Nothing but a number should be given: how many lines in the entries below include the string "that".

[Opening Dataset records section]

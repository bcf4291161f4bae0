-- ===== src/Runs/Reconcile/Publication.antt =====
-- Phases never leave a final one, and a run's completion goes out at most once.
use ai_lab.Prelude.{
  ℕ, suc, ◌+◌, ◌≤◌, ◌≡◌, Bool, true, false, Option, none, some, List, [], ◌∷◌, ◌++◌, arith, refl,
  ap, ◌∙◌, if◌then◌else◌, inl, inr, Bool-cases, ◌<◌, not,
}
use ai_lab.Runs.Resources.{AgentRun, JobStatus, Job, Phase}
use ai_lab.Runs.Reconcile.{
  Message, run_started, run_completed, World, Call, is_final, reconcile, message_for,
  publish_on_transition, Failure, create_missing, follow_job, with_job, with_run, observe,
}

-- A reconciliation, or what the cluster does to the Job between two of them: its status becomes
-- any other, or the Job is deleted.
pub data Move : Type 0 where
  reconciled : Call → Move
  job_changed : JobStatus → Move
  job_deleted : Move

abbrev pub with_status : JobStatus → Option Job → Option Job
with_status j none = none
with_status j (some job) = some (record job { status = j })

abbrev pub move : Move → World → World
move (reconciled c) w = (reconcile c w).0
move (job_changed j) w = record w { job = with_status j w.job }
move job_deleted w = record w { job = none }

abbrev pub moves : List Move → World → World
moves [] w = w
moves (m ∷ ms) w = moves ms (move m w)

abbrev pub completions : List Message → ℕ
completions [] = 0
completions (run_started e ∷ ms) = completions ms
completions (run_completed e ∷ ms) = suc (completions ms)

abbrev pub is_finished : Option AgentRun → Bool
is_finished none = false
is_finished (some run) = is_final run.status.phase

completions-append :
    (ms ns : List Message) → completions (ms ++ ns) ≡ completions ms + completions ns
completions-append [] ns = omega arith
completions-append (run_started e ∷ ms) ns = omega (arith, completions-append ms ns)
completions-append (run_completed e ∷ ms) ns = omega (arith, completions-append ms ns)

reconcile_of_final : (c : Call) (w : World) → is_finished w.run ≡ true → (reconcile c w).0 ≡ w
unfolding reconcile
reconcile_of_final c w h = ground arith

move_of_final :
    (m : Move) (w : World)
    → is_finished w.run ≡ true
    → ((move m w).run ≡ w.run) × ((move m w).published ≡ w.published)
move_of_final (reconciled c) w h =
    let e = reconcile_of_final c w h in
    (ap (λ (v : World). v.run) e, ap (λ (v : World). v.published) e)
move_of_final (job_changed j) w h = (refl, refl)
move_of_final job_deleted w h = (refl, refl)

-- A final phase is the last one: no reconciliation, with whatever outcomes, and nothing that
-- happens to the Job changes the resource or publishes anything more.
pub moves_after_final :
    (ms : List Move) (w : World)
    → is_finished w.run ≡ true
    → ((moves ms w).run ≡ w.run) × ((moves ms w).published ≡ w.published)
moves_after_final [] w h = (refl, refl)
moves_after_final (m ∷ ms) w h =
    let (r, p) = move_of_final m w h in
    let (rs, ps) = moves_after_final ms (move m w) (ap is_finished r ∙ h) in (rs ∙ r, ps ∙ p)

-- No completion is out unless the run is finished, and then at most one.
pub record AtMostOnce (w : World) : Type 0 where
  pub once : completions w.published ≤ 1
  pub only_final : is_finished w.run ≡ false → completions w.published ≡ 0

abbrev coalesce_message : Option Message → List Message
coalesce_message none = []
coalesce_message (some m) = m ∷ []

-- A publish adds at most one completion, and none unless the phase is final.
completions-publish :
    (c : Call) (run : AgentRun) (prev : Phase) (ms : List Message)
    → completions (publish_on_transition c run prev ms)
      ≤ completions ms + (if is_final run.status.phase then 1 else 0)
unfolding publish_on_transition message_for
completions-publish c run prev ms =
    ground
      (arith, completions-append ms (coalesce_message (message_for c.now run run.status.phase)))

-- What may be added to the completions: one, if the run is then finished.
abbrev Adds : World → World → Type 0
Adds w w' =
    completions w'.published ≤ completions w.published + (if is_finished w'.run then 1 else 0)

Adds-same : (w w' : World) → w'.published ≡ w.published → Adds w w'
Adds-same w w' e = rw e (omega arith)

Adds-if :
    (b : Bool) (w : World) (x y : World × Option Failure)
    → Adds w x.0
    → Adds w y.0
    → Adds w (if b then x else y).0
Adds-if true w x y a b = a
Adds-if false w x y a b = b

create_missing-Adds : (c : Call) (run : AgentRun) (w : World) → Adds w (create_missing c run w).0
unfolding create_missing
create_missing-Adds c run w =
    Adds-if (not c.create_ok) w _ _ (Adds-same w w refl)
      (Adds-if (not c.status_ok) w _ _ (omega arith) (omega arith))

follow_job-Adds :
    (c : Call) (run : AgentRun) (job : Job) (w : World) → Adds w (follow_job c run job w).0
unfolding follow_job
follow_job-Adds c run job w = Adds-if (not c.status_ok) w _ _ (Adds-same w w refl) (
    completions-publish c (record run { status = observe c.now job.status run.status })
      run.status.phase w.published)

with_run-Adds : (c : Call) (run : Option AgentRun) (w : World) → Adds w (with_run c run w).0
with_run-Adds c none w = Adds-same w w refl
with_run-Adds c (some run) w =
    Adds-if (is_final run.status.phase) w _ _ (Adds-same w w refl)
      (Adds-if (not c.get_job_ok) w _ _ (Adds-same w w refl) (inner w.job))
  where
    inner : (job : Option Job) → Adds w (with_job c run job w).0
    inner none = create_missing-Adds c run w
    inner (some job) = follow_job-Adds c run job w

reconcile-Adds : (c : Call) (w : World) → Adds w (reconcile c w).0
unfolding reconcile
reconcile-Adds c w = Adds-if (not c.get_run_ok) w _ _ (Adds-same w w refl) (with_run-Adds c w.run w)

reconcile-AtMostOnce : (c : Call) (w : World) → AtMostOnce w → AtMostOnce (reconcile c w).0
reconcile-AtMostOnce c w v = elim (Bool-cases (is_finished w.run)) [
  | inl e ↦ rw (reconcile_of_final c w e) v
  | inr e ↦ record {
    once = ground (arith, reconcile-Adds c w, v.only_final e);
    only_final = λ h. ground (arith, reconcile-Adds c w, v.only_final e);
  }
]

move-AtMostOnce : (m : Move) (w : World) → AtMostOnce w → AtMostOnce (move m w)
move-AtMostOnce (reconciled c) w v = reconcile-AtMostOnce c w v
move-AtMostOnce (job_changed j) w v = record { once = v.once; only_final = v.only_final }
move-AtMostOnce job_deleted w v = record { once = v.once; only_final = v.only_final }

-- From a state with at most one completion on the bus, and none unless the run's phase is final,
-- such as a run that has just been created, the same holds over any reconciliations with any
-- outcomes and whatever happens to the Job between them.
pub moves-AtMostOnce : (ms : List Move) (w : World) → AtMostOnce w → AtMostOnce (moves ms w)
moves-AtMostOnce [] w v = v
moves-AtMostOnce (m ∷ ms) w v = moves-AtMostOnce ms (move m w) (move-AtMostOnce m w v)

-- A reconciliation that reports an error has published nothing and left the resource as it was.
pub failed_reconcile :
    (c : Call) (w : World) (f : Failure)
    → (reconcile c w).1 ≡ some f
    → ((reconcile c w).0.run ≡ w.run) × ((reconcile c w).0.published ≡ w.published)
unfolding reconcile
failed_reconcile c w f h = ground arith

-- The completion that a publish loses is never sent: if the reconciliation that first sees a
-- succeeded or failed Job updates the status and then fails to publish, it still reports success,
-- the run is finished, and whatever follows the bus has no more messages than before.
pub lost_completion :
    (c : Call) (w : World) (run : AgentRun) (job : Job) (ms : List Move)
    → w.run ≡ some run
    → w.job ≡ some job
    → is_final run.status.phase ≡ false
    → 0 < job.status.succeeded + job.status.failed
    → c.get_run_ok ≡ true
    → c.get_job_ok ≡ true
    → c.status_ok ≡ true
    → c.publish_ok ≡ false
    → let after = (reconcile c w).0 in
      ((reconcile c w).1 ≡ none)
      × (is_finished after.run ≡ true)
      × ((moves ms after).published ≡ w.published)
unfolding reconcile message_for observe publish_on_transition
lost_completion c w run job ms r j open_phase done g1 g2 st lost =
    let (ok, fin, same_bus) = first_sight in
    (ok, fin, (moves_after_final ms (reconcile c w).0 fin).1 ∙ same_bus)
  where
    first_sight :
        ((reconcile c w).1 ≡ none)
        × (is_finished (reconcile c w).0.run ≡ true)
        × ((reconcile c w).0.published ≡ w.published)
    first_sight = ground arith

[Closing Dataset records section]

:: Solved exercise ::
4